Information design answering the calls for meaning
How does infodesign answer some of these calls to meaning? Visual information design has very modest beginnings. For much of its history, it has simply tried to help ordinary people cope with the flood of complexity and information overload that are characteristic of our Western Civilization. Visual information design has been built from the ground up with immensely practical approaches. I will not attempt to survey its accomplishments tonight as I have already written at length about the emergence of this new profession. (Horn, 1999) Many of its practitioners ply their trade in the making of government forms and practical manuals for computer and organizational communication. Their aesthetic is that of the minimalist. They often take their visual lead from the theories and experiments of the Bauhaus and their typography and grids from the Swiss designers of recent decades. The value system of information design insists that each visual and verbal element has to be justified to serve the practical needs of the consumers of information. As such, information design has generally addressed the repeated challenges of increasing complexity, fragmentation, and meaning on a kind of brick by brick basis. There is no question that I believe information design is increasingly important in our everyday lives.

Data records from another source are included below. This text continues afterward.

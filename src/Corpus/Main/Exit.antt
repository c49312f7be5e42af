-- ===== src/Corpus/Main/Exit.antt =====
-- What the exit status 0 of tb/isa_check.py means.
use binutils_mcs.Base.{
  ℕ, ◌+◌, ◌≡◌, ◌≢◌, ◌⊎◌, ◌++◌, ◌||◌, ◌==◌, ==_iff, refl, ◌∙◌, ap, sym, Bool, true, false, Option,
  some, List, [], ◌∷◌, arith, if◌then◌else◌, ok, >>=-eq-ok, any, All, All-map, Bool-cases,
  Result-cases, inl, inr,
}
use mathlib.Core.Path.{subst}
use binutils_mcs.Base.Bytes.{Bytes, codes, equal, equal_iff}
use binutils_mcs.Base.Text.{Text, universal, split, onto_line}
use binutils_mcs.Hex.Payload.{Entry, read_table}
use binutils_mcs.Corpus.Disasm.{assemble}
use binutils_mcs.Corpus.Dialect.{translate}
use binutils_mcs.Corpus.Stages.Run.{Passes, run_table-Passes}
use binutils_mcs.Corpus.Main.{
  known_stages, nonempty, unknown, choose, checked_stages, is_given, run_program, table_failures,
  program_failures, main,
}

unknown-nil : (ss : List Text) → unknown ss ≡ [] → All (λ s. any (equal s) known_stages ≡ true) ss
unfolding unknown
unknown-nil [] h = tt
unknown-nil (s ∷ ss) h = elim (Bool-cases (any (equal s) known_stages)) [
  | inl is ↦ (is, unknown-nil ss (rw (is, unknown) at h))
  | inr not_one ↦ cc (rw (not_one, unknown) at h)
]

-- One of the three stages.
abbrev pub IsStage : Text → Type 0
IsStage s = (s ≡ codes "assemble") ⊎ (s ≡ codes "decode") ⊎ (s ≡ codes "roundtrip")

three_stages :
    (a b c : Bool) → a || (b || (c || false)) ≡ true → (a ≡ true) ⊎ (b ≡ true) ⊎ (c ≡ true)
three_stages true b c h = inl refl
three_stages false true c h = inr (inl refl)
three_stages false false true h = inr (inr refl)
three_stages false false false h = cc h

known-IsStage : (s : Text) → any (equal s) known_stages ≡ true → IsStage s
known-IsStage s h =
    elim (three_stages (equal s (codes "assemble")) (equal s (codes "decode"))
      (equal s (codes "roundtrip")) h) [
        | inl e ↦ inl ((equal_iff s (codes "assemble")).0 e)
        | inr (inl e) ↦ inr (inl ((equal_iff s (codes "decode")).0 e))
        | inr (inr e) ↦ inr (inr ((equal_iff s (codes "roundtrip")).0 e))
      ]

-- The parts with a comma between each two.
abbrev pub joined : List Text → Text
joined [] = []
joined (p ∷ []) = p
joined (p ∷ q ∷ ps) = p ++ 44 ∷ joined (q ∷ ps)

-- The parts that are not empty.
abbrev pub filled : List Text → List Text
filled [] = []
filled ([] ∷ ps) = filled ps
filled ((c ∷ p) ∷ ps) = (c ∷ p) ∷ filled ps

-- `stages` is what stands between the commas of `text`, without the empty parts.
pub record IsRequest (text : Text) (stages : List Text) : Type 0 where
  pub parts : List Text
  pub whole : joined parts ≡ text
  pub no_comma : All (All (λ c. c ≢ 44)) parts
  pub request : stages ≡ filled parts

nonempty-filled : (ps : List Text) → nonempty ps ≡ filled ps
unfolding nonempty
nonempty-filled [] = refl
nonempty-filled ([] ∷ ps) = nonempty-filled ps
nonempty-filled ((c ∷ p) ∷ ps) = ap (λ l. (c ∷ p) ∷ l) (nonempty-filled ps)

-- A text is not split into no part.
HasParts : Text → Type 0
HasParts s =
    (t : Text) × (ts : List Text) × (split b',' s ≡ t ∷ ts)
    × (joined (t ∷ ts) ≡ s)
    × All (All (λ c. c ≢ 44)) (t ∷ ts)

joined-onto : (c : ℕ) (t : Text) (ts : List Text) → joined ((c ∷ t) ∷ ts) ≡ c ∷ joined (t ∷ ts)
joined-onto c t [] = refl
joined-onto c t (u ∷ us) = refl

split-HasParts : (s : Text) → HasParts s
unfolding HasParts split
split-HasParts [] = ([], [], refl, refl, (tt, tt))
split-HasParts (c ∷ cs) =
    let (t, ts, is, whole, none_in) = split-HasParts cs in
    elim (Bool-cases (c == b',')) [
      | inl comma ↦ (
        [],
        t ∷ ts,
        rw (comma, split) (ap (λ l. [] ∷ l) is),
        cc (whole, (==_iff c b',').0 comma),
        (tt, none_in),
      )
      | inr other ↦ (
        c ∷ t,
        ts,
        rw (other, split) (ap (onto_line c) is),
        joined-onto c t ts ∙ ap (λ l. c ∷ l) whole,
        (((λ e. ground arith), none_in.0), none_in.1),
      )
    ]

split-IsRequest : (text : Text) → IsRequest text (nonempty (split b',' text))
unfolding HasParts
split-IsRequest text =
    let (t, ts, is, whole, none_in) = split-HasParts text in
    record {
      parts = t ∷ ts;
      whole = whole;
      no_comma = none_in;
      request = ap nonempty is ∙ nonempty-filled (t ∷ ts);
    }

-- Every stage that is asked for is one of the three, and with a table there is one.
pub record Chosen (has_table : Bool) (stages : List Text) : Type 0 where
  pub known : All IsStage stages
  pub some_stage : has_table ≡ true → stages ≢ []

choose-same :
    (stages : List Text) (has_table has_program : Bool) (chosen : List Text)
    → choose [] stages has_table has_program ≡ ok chosen
    → stages ≡ chosen
unfolding choose
choose-same stages t p chosen h = ground arith

choose-nil-true :
    (has_program : Bool) (chosen : List Text) → choose [] [] true has_program ≢ ok chosen
unfolding choose
choose-nil-true p chosen h = ground arith

choose-more :
    (u : Text) (us stages : List Text) (has_table has_program : Bool) (chosen : List Text)
    → choose (u ∷ us) stages has_table has_program ≢ ok chosen
unfolding choose
choose-more u us stages t p chosen h = cc

choose-Chosen :
    (us stages : List Text) (has_table has_program : Bool) (chosen : List Text)
    → unknown stages ≡ us
    → choose us stages has_table has_program ≡ ok chosen
    → Chosen has_table chosen
choose-Chosen (u ∷ us) stages t p chosen e h = absurd (choose-more u us stages t p chosen h)
choose-Chosen [] [] true p chosen e h = absurd (choose-nil-true p chosen h)
choose-Chosen [] [] false p chosen e h =
    subst (Chosen false) (choose-same [] false p chosen h)
      (record { known = tt; some_stage = λ f. cc f })
choose-Chosen [] (s ∷ ss) t p chosen e h =
    subst (Chosen t) (choose-same (s ∷ ss) t p chosen h) (record {
      known = All-map known-IsStage (s ∷ ss) (unknown-nil (s ∷ ss) e);
      some_stage = λ _ f. cc f;
    })

checked_stages-Chosen :
    (text : Text) (has_table has_program : Bool) (stages : List Text)
    → checked_stages text has_table has_program ≡ ok stages
    → Chosen has_table stages
unfolding checked_stages
checked_stages-Chosen text t p stages h =
    choose-Chosen (unknown (nonempty (split b',' text))) _ t p stages refl h

choose-IsRequest :
    (us all : List Text) (text : Text) (has_table has_program : Bool) (chosen : List Text)
    → IsRequest text all
    → choose us all has_table has_program ≡ ok chosen
    → IsRequest text chosen
choose-IsRequest (u ∷ us) all text t p chosen r h = absurd (choose-more u us all t p chosen h)
choose-IsRequest [] all text t p chosen r h =
    subst (IsRequest text) (choose-same all t p chosen h) r

checked_stages-IsRequest :
    (text : Text) (has_table has_program : Bool) (stages : List Text)
    → checked_stages text has_table has_program ≡ ok stages
    → IsRequest text stages
unfolding checked_stages
checked_stages-IsRequest text t p stages h =
    choose-IsRequest (unknown (nonempty (split b',' text))) (nonempty (split b',' text)) text t p
      stages (split-IsRequest text) h

module _ (as_new : Text → ℕ × (Text × Bytes)) (objcopy : Bytes → ℕ × (Text × Bytes))
    (objdump : Bytes → ℕ × (Text × Text)) where
  -- The text of the program, in the dialect that it is read in, is assembled.
  abbrev pub ProgramAssembles : Bool → Text → Type 0
  ProgramAssembles dialect text =
      (got : Bytes) × (assemble as_new objcopy objdump
          (if dialect then translate (universal text) else universal text)
        ≡ ok got)

  run_program-zero :
      (dialect : Bool) (text : Text)
      → run_program as_new objcopy objdump dialect text ≡ 0
      → ProgramAssembles dialect text
  unfolding run_program
  run_program-zero dialect text h =
      elim (Result-cases (
        assemble as_new objcopy objdump
          (if dialect then translate (universal text) else universal text))) [
            | inl (got, is) ↦ (got, is)
            | inr (why, is) ↦ absurd (omega (arith, rw (is, run_program) at h))
          ]

  -- In a run that ends with status 0 each part that is not empty between the commas of the request is one of assemble,
  -- decode and roundtrip, and these parts are the stages. A table that was given has an entry, there is a stage then,
  -- and all entries have passed every stage; and a program that was given is assembled.
  pub main-Passes :
      (text : Text) (table : Option (List Text)) (program : Option Text) (dialect : Bool)
      → main as_new objcopy objdump text table program dialect ≡ ok 0
      → (stages : List Text) × IsRequest text stages
        × Chosen (is_given table) stages
        × ((lines : List Text)
            → table ≡ some lines
            → (es : List Entry) × (read_table lines ≡ ok es)
              × (es ≢ [])
              × Passes as_new objcopy objdump stages es)
        × ((source : Text) → program ≡ some source → ProgramAssembles dialect source)
  unfolding main
  main-Passes text table program dialect h =
      let (stages, one, later) =
        >>=-eq-ok (checked_stages text (is_given table) (is_given program)) _ h in
      let (failures, two, same) =
        >>=-eq-ok (table_failures as_new objcopy objdump stages table) _ later in
      let clean : failures + program_failures as_new objcopy objdump dialect program ≡ 0 =
        ground (arith, same) in
      (
        stages,
        checked_stages-IsRequest text _ _ stages one,
        checked_stages-Chosen text _ _ stages one,
        (λ lines e. run_table-Passes as_new objcopy objdump stages lines (
            subst (λ o. table_failures as_new objcopy objdump stages o ≡ ok failures) e two
            ∙ ap ok (let z : failures ≡ 0 = omega arith in z))),
        (λ source e.
            run_program-zero dialect source
              (ap (program_failures as_new objcopy objdump dialect) (sym e) ∙ omega arith)),
      )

Information Mapping® as a practical example of information design
My own early work in information design has offered foundational and fairly rigorous ways to address huge volumes of largely textual information through what I have called "Information Mapping®" or more loosely "structured writing." The goal there has been to discover and create systems for analyzing, organizing, structuring, and presenting information in ways that make management of them efficient and effective. (Horn, 1989, 1992 a & b, 1993, 1997) I have shown how there is deep structure in information. For example, in the domain of relatively stable subject matter, and where our goal is explanatory, my research has shown that we can sort the sentences of a subject matter into 40 categories which cover at least 80% of the content. If each of the resulting information blocks are systematically labeled, aggregated hierarchically into larger topics, and displayed for scanning and skipping (rather than for word-by-word reading), they permit a whole new ability to navigate through and manage information on the World Wide Web, a topic I've discussed in my book Mapping Hypertext. (Horn, 1989)

This purely practical side of information design is well represented in the InfoArcadia exhibit. But these values of clarity, economy, efficiency, effectiveness, and ease of communication run deep and can have a much wider effect, as I will now illustrate.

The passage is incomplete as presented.